Read the records and gather each line that includes "absurd".

(Stored data)
↓↓↓

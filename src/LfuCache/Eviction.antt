-- ===== src/LfuCache/Eviction.antt =====
-- `_evict_lfu`: which key it evicts, and that it makes room.
use congine.Dict
use congine.Dict.{get-remove, first_key, has-get, has-not_empty}
use congine.LfuCache.{LfuCache, evict_lfu, evict_key, evict_from}
use congine.LfuCache.Frequencies.{Bucket, Buckets, in_bucket, discard, min_key, pop_first}
use congine.LfuCache.Valid.{Agrees, evict_key-Agrees}
use congine.Prelude.{
  ℕ, ◌≤◌, String, ◌≡◌, refl, true, false, some, none, arith, nat_eq, string_eq, Option-cases, ◌⊎◌,
  beq_refl, ◌∙◌, sym, subst, [], ◌∷◌, inl, inr, if◌then◌else◌, is_empty, ltb,
}

-- `min(d)` is a key of the dict, and no key is less.
min_key-le : (f : ℕ) (d : Buckets) → min_key f d ≤ f
unfolding min_key
min_key-le f [] = omega arith
min_key-le f ((g, b) ∷ d) = ground (arith, min_key-le (if ltb g f then g else f) d)

min_key-least : (f g : ℕ) (d : Buckets) → Dict.has g d ≡ true → min_key f d ≤ g
unfolding min_key Dict.get
min_key-least f g [] h = cc
min_key-least f g ((i, a) ∷ d) h = ground (
  arith,
  min_key-le (if ltb i f then i else f) d,
  min_key-least (if ltb i f then i else f) g d,
  nat_eq.beq_iff i g,
)

min_key-present : (f : ℕ) (d : Buckets) → (min_key f d ≡ f) ⊎ (Dict.has (min_key f d) d ≡ true)
unfolding min_key Dict.get
min_key-present f [] = inl refl
min_key-present f ((g, b) ∷ d) = ground (
  arith,
  min_key-present (if ltb g f then g else f) d,
  nat_eq.beq_iff g (min_key (if ltb g f then g else f) d),
)

min_key-has : (f : ℕ) (b : Bucket) (d : Buckets) → Dict.has (min_key f d) ((f, b) ∷ d) ≡ true
unfolding Dict.get
min_key-has f b d = ground (arith, min_key-present f d, nat_eq.beq_iff f (min_key f d))

min_key-least_head :
    (f g : ℕ) (b : Bucket) (d : Buckets) → Dict.has g ((f, b) ∷ d) ≡ true → min_key f d ≤ g
unfolding Dict.get
min_key-least_head f g b d h =
    ground (arith, min_key-le f d, min_key-least f g d, nat_eq.beq_iff f g)

-- The key that `_evict_lfu` takes, and the state that it leaves.
pub record Victim {V : Type 0} (c : LfuCache V) (key : String) (freq : ℕ) : Type 0 where
  pub evicts : evict_lfu c ≡ some (record (evict_key c key) { min_freq = freq })
  pub counts : Dict.get key c.key_to_freq ≡ some freq
  pub least : (k : String) (f : ℕ) → Dict.get k c.key_to_freq ≡ some f → freq ≤ f
  pub rest : Bucket
  pub oldest : Dict.get freq c.freq_to_keys ≡ some ((key, tt) ∷ rest)

module _ {V : Type 0} where
  evict_from-evict_key :
      (c : LfuCache V) (freq : ℕ) (key : String) (rest : Bucket)
      → Dict.get freq c.freq_to_keys ≡ some ((key, tt) ∷ rest)
      → Dict.get key c.key_to_freq ≡ some freq
      → evict_from c freq ((key, tt) ∷ rest) ≡ some (record (evict_key c key) { min_freq = freq })
  unfolding evict_from evict_key pop_first discard
  evict_from-evict_key c freq key rest h e = ground (arith, e, h)

  listed_first :
      (c : LfuCache V) (freq : ℕ) (key : String) (rest : Bucket)
      → Agrees c
      → Dict.get freq c.freq_to_keys ≡ some ((key, tt) ∷ rest)
      → Dict.get key c.key_to_freq ≡ some freq
  unfolding in_bucket Dict.get
  listed_first c freq key rest v h = v.counted key freq (rw h (rw (beq_refl key)))

  Victim-of :
      (c : LfuCache V) (freq : ℕ) (key : String) (rest : Bucket)
      → Agrees c
      → Dict.get freq c.freq_to_keys ≡ some ((key, tt) ∷ rest)
      → ((k : String) (f : ℕ) → Dict.get k c.key_to_freq ≡ some f → freq ≤ f)
      → evict_lfu c ≡ evict_from c freq ((key, tt) ∷ rest)
      → Victim c key freq
  Victim-of c freq key rest v h least e =
      let counts = listed_first c freq key rest v h in
      record {
        evicts = e ∙ evict_from-evict_key c freq key rest h counts;
        counts = counts;
        least = least;
        rest = rest;
        oldest = h;
      }

  bucket_of :
      (c : LfuCache V) (k : String) (f : ℕ)
      → Agrees c
      → Dict.get k c.key_to_freq ≡ some f
      → Dict.has f c.freq_to_keys ≡ true
  unfolding in_bucket
  bucket_of c k f v h = ground (arith, v.listed k f h)

  -- the branch in which `min_freq` names a bucket
  Victim-at_min :
      (c : LfuCache V) (b : Bucket)
      → Agrees c
      → Dict.get c.min_freq c.freq_to_keys ≡ some b
      → (key : String) × (freq : ℕ) × Victim c key freq
  unfolding evict_lfu
  Victim-at_min c [] v h = absurd (ground (arith, v.filled c.min_freq [] h))
  Victim-at_min c ((key, tt) ∷ rest) v h = (
    key,
    c.min_freq,
    Victim-of c c.min_freq key rest v h (λ k f e. v.least k f (v.listed k f e)) (rw h),
  )

  -- the branch in which `min_freq` is stale: the rescan finds the least bucket
  evict_lfu-rescan :
      (c : LfuCache V) (f : ℕ) (b rest : Bucket) (d : Buckets)
      → c.freq_to_keys ≡ (f, b) ∷ d
      → Dict.get c.min_freq c.freq_to_keys ≡ none
      → Dict.get (min_key f d) c.freq_to_keys ≡ some rest
      → evict_lfu c ≡ evict_from c (min_key f d) rest
  unfolding evict_lfu
  evict_lfu-rescan c f b rest d e h found = ground (arith, e, h, found)

  Victim-in_least :
      (c : LfuCache V) (f : ℕ) (b least : Bucket) (d : Buckets)
      → Agrees c
      → c.freq_to_keys ≡ (f, b) ∷ d
      → Dict.get c.min_freq c.freq_to_keys ≡ none
      → Dict.get (min_key f d) c.freq_to_keys ≡ some least
      → (key : String) × (freq : ℕ) × Victim c key freq
  Victim-in_least c f b [] d v e h found = absurd (ground (arith, v.filled (min_key f d) [] found))
  Victim-in_least c f b ((key, tt) ∷ rest) d v e h found = (
    key,
    min_key f d,
    Victim-of c (min_key f d) key rest v found
        (λ k g q.
          min_key-least_head f g b d (subst (λ x. Dict.has g x ≡ true) e (bucket_of c k g v q)))
        (evict_lfu-rescan c f b ((key, tt) ∷ rest) d e h found),
  )

  Victim-after_rescan :
      (c : LfuCache V) (d : Buckets)
      → Agrees c
      → c.freq_to_keys ≡ d
      → Dict.get c.min_freq c.freq_to_keys ≡ none
      → is_empty d ≡ false
      → (key : String) × (freq : ℕ) × Victim c key freq
  Victim-after_rescan c [] v e h full = absurd (ground arith)
  Victim-after_rescan c ((f, b) ∷ d) v e h full =
      let (least, found) = has-get (min_key f d) ((f, b) ∷ d) (min_key-has f b d) in
      Victim-in_least c f b least d v e h
        (subst (λ x. Dict.get (min_key f d) x ≡ some least) (sym e) found)

  stored_has_bucket :
      (c : LfuCache V)
      → Agrees c
      → is_empty c.key_to_value ≡ false
      → is_empty c.freq_to_keys ≡ false
  stored_has_bucket c v h =
      let (k, stored) = first_key c.key_to_value h in
      let (f, counts) = has-get k c.key_to_freq (sym (v.same_keys k) ∙ stored) in
      has-not_empty f c.freq_to_keys (bucket_of c k f v counts)

  -- On a state whose dicts agree, `_evict_lfu` raises nothing, and if any entry is stored it evicts
  -- exactly one key: none has been used less often, and among those used as often it is the one
  -- whose frequency was reached first. A stale `min_freq` changes neither.
  pub evict_lfu-least :
      (c : LfuCache V)
      → Agrees c
      → is_empty c.key_to_value ≡ false
      → (key : String) × (freq : ℕ) × Victim c key freq
  evict_lfu-least c v h = elim (Option-cases (Dict.get c.min_freq c.freq_to_keys)) [
    | inl stale ↦ Victim-after_rescan c c.freq_to_keys v refl stale (stored_has_bucket c v h)
    | inr (b, found) ↦ Victim-at_min c b v found
  ]

  -- The state after the eviction of the victim, whose frequency becomes the least one.
  abbrev pub without_victim : LfuCache V → String → ℕ → LfuCache V
  without_victim c key freq = record (evict_key c key) { min_freq = freq }

  pub Victim-Agrees :
      (c : LfuCache V) (key : String) (freq : ℕ)
      → Agrees c
      → Victim c key freq
      → Agrees (without_victim c key freq)
  Victim-Agrees c key freq v w =
      let a = evict_key-Agrees c key v in
      record {
        listed = a.listed;
        counted = a.counted;
        same_keys = a.same_keys;
        filled = a.filled;
        used = a.used;
        least = λ k f h. w.least k f (kept k f (a.counted k f h));
      }
    where
      kept :
          (k : String) (f : ℕ)
          → Dict.get k (evict_key c key).key_to_freq ≡ some f
          → Dict.get k c.key_to_freq ≡ some f
      kept k f h = unfold evict_key in ground (arith, get-remove key k c.key_to_freq, h)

↑↑↑

> Result for this exercise:
  Victim-at_min c [] v h = absurd (ground (arith, v.filled c.min_freq [] h))
  Victim-in_least c f b [] d v e h found = absurd (ground (arith, v.filled (min_key f d) [] found))
  Victim-after_rescan c [] v e h full = absurd (ground arith)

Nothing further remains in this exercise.